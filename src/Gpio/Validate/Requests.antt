-- ===== src/Gpio/Validate/Requests.antt =====
-- Which lines `ValidatePins` requests, and what it reports.
use drone_os.Base.{
  if◌then◌else◌, ℕ, ◌+◌, ◌≡◌, refl, ◌∙◌, Bool, true, false, Option, none, some, List, [], ◌∷◌, ◌++◌,
  Bytes, Result, ok, err, length, length-append, arith, All, All-append,
}
use drone_os.Config.{Pin}
use drone_os.Gpio.{Layout, ResolvedPin, PinError, resolve_pin, layout_or_default}
use drone_os.Gpio.Lines.{LineReqOption, line_req_options}
use drone_os.Gpio.Validate.{
  GpioError, LineInfo, GpioDev, Call, requests, PinStatus, Inspection, opt_list, inspect_pin,
  inspect_resolved, open_chip, read_line, inspect_loop, inspect_pins, validate_status, with_options,
  requested, new_error, validate_loop, validate_pins, nothing_yet,
}

module _ {G : Type 0} where
  -- The number of the pins whose last status is a failure.
  abbrev pub failures : List (PinStatus G) → ℕ
  failures [] = 0
  failures (s ∷ ss) = length (opt_list s.failure) + failures ss

  failures-append : (ss ts : List (PinStatus G)) → failures (ss ++ ts) ≡ failures ss + failures ts
  failures-append [] ts = omega arith
  failures-append (s ∷ ss) ts = omega (arith, failures-append ss ts)

module _ {G : Type 0} (dev : GpioDev G) where
  -- A line is requested only where the chip says that it is not in use.
  abbrev pub IsFree : Call → Type 0
  IsFree (requests chip offset) =
      (i : LineInfo) × (dev.line_info chip offset ≡ ok i) × (i.used ≡ false)
  IsFree _ = Unit {0}

  -- What the first pass knows of a line.
  abbrev Known : PinStatus G → Type 0
  Known s =
      s.failure ≡ none
      → (i : LineInfo) × (dev.line_info s.resolved.chip s.resolved.offset ≡ ok i)
        × (i.used ≡ s.used)

  read_line-Known :
      (r : ResolvedPin) (o : Result G LineInfo)
      → dev.line_info r.chip r.offset ≡ o
      → Known (read_line dev r o)
  unfolding read_line
  read_line-Known r (err e) h = λ k. absurd (cc k)
  read_line-Known r (ok i) h = λ k. (i, h, refl)

  open_chip-Known :
      (r : ResolvedPin) (o : Option G)
      → Known (open_chip dev r o).0 × All IsFree (open_chip dev r o).1
  unfolding open_chip
  open_chip-Known r (some e) = (λ k. absurd (cc k), tt)
  open_chip-Known r none = (read_line-Known r _ refl, (tt, (tt, tt)))

  inspect_pin-Known :
      (pin : Pin) (o : Result PinError ResolvedPin)
      → Known (inspect_resolved dev pin o).0 × All IsFree (inspect_resolved dev pin o).1
  unfolding inspect_resolved
  inspect_pin-Known pin (err e) = (λ k. absurd (cc k), tt)
  inspect_pin-Known pin (ok r) = open_chip-Known r (dev.new_chip r.chip)

  requested-IsFree :
      (s : PinStatus G) (o : Option G) (i : LineInfo)
      → dev.line_info s.resolved.chip s.resolved.offset ≡ ok i
      → i.used ≡ false
      → All IsFree (requested dev s o).1
  unfolding requested
  requested-IsFree s (some e) i h u = ((i, h, u), tt)
  requested-IsFree s none i h u = ((i, h, u), (tt, tt))

  with_options-IsFree :
      (s : PinStatus G) (os : List LineReqOption) (i : LineInfo)
      → dev.line_info s.resolved.chip s.resolved.offset ≡ ok i
      → i.used ≡ false
      → All IsFree (with_options dev s os).1
  unfolding with_options
  with_options-IsFree s [] i h u = tt
  with_options-IsFree s (o ∷ os) i h u = requested-IsFree s _ i h u

  unused-IsFree :
      (s : PinStatus G) (os : List LineReqOption) (used : Bool)
      → (used ≡ false → All IsFree (with_options dev s os).1)
      → All IsFree (if used then (s, []) else with_options dev s os).1
  unused-IsFree s os true h = tt
  unused-IsFree s os false h = h refl

  inspected-IsFree :
      (r : ResolvedPin) (used : Bool) (c : Bytes) (f : Option (GpioError G))
      → let s : PinStatus G = record { resolved = r; used = used; consumer = c; failure = f } in
        Known s → All IsFree (validate_status dev s).1
  unfolding validate_status
  inspected-IsFree r used c (some e) known = tt
  inspected-IsFree r used c none known =
      let (i, info, same) = known refl in
      unused-IsFree _ (line_req_options r) used
        (λ free. with_options-IsFree _ (line_req_options r) i info (same ∙ free))

  validate_status-IsFree : (s : PinStatus G) → Known s → All IsFree (validate_status dev s).1
  validate_status-IsFree s known = inspected-IsFree s.resolved s.used s.consumer s.failure known

  inspect_loop-Known :
      (layout : Layout) (pins : List Pin) (acc : Inspection G)
      → All Known acc.statuses
      → All IsFree acc.calls
      → All Known (inspect_loop dev layout pins acc).statuses
        × All IsFree (inspect_loop dev layout pins acc).calls
  unfolding inspect_loop inspect_pin
  inspect_loop-Known layout [] acc known free = (known, free)
  inspect_loop-Known layout (pin ∷ pins) acc known free =
      let (one, calls) = inspect_pin-Known pin (resolve_pin layout pin) in
      inspect_loop-Known layout pins _ (All-append Known acc.statuses _ known (one, tt))
        (All-append IsFree acc.calls _ free calls)

  validate_loop-IsFree :
      (ss : List (PinStatus G)) (acc : Inspection G)
      → All Known ss
      → All IsFree acc.calls
      → All IsFree (validate_loop dev ss acc).calls
  unfolding validate_loop
  validate_loop-IsFree [] acc known free = free
  validate_loop-IsFree (s ∷ ss) acc (k, known) free =
      validate_loop-IsFree ss _ known
        (All-append IsFree acc.calls _ free (validate_status-IsFree s k))

  -- `ValidatePins` requests no line that the chip says is in use, and none that it could not ask about.
  pub validate_pins-IsFree :
      (layout : Layout) (pins : List Pin) → All IsFree (validate_pins dev layout pins).calls
  unfolding validate_pins inspect_pins
  validate_pins-IsFree layout pins =
      let (known, free) = inspect_loop-Known (layout_or_default layout) pins nothing_yet tt tt in
      validate_loop-IsFree _ _ known free

  inspect_loop-counts :
      (layout : Layout) (pins : List Pin) (acc : Inspection G)
      → let r = inspect_loop dev layout pins acc in
        (length r.statuses ≡ length acc.statuses + length pins)
        × (length r.errs + failures acc.statuses ≡ length acc.errs + failures r.statuses)
  unfolding inspect_loop
  inspect_loop-counts layout [] acc = (omega arith, omega arith)
  inspect_loop-counts layout (pin ∷ pins) acc =
      let s = (inspect_pin dev layout pin).0 in
      let acc' : Inspection G = record {
        statuses = acc.statuses ++ s ∷ [];
        errs = acc.errs ++ opt_list s.failure;
        calls = acc.calls ++ (inspect_pin dev layout pin).1;
      } in
      let (statuses, errors) = inspect_loop-counts layout pins acc' in
      (
        omega (arith, length-append acc.statuses (s ∷ [])),
        omega (
          arith,
          length-append acc.errs (opt_list s.failure),
          failures-append acc.statuses (s ∷ []),
        ),
      )

  -- `InspectPins` reports one status for each pin, and one error for each status that is a failure.
  pub inspect_pins-counts :
      (layout : Layout) (pins : List Pin)
      → let r = inspect_pins dev layout pins in
        (length r.statuses ≡ length pins) × (length r.errs ≡ failures r.statuses)
  unfolding inspect_pins
  inspect_pins-counts layout pins =
      let (statuses, errors) = inspect_loop-counts (layout_or_default layout) pins nothing_yet in
      (omega arith, omega arith)

  new_error-counts :
      (r : ResolvedPin) (used : Bool) (c : Bytes) (f : Option (GpioError G))
      → let s : PinStatus G = record { resolved = r; used = used; consumer = c; failure = f } in
        let s' = (validate_status dev s).0 in
        length (opt_list f) + length (new_error dev s s') ≡ length (opt_list s'.failure)
  unfolding validate_status new_error
  new_error-counts r used c (some e) = omega arith
  new_error-counts r used c none = omega arith

  validate_loop-counts :
      (ss : List (PinStatus G)) (acc : Inspection G)
      → let r = validate_loop dev ss acc in
        (length r.statuses ≡ length acc.statuses + length ss)
        × (length r.errs + (failures acc.statuses + failures ss)
            ≡ length acc.errs + failures r.statuses)
  unfolding validate_loop
  validate_loop-counts [] acc = (omega arith, omega arith)
  validate_loop-counts (s ∷ ss) acc =
      let (s', calls) = validate_status dev s in
      let acc' : Inspection G = record {
        statuses = acc.statuses ++ s' ∷ [];
        errs = acc.errs ++ new_error dev s s';
        calls = acc.calls ++ calls;
      } in
      let (statuses, errors) = validate_loop-counts ss acc' in
      (
        omega (arith, length-append acc.statuses (s' ∷ [])),
        omega (
          arith,
          length-append acc.errs (new_error dev s s'),
          failures-append acc.statuses (s' ∷ []),
          new_error-counts s.resolved s.used s.consumer s.failure,
        ),
      )

  -- `ValidatePins` reports one status for each pin, and one error for each status that is a failure.
  pub validate_pins-counts :
      (layout : Layout) (pins : List Pin)
      → let r = validate_pins dev layout pins in
        (length r.statuses ≡ length pins) × (length r.errs ≡ failures r.statuses)
  unfolding validate_pins inspect_pins
  validate_pins-counts layout pins =
      let i = inspect_loop dev (layout_or_default layout) pins nothing_yet in
      let (statuses, errors) = inspect_loop-counts (layout_or_default layout) pins nothing_yet in
      let (statuses', errors') =
        validate_loop-counts i.statuses
          (record { statuses = []; errs = i.errs; calls = i.calls }) in
      (omega arith, omega arith)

_ _ _

▶ TASK TO COMPLETE
Copy out every line of the listing that includes the string "antt".

▶ ANSWER SECTION
filename src/Gpio/Validate/Requests.antt
-- ===== src/Gpio/Validate/Requests.antt =====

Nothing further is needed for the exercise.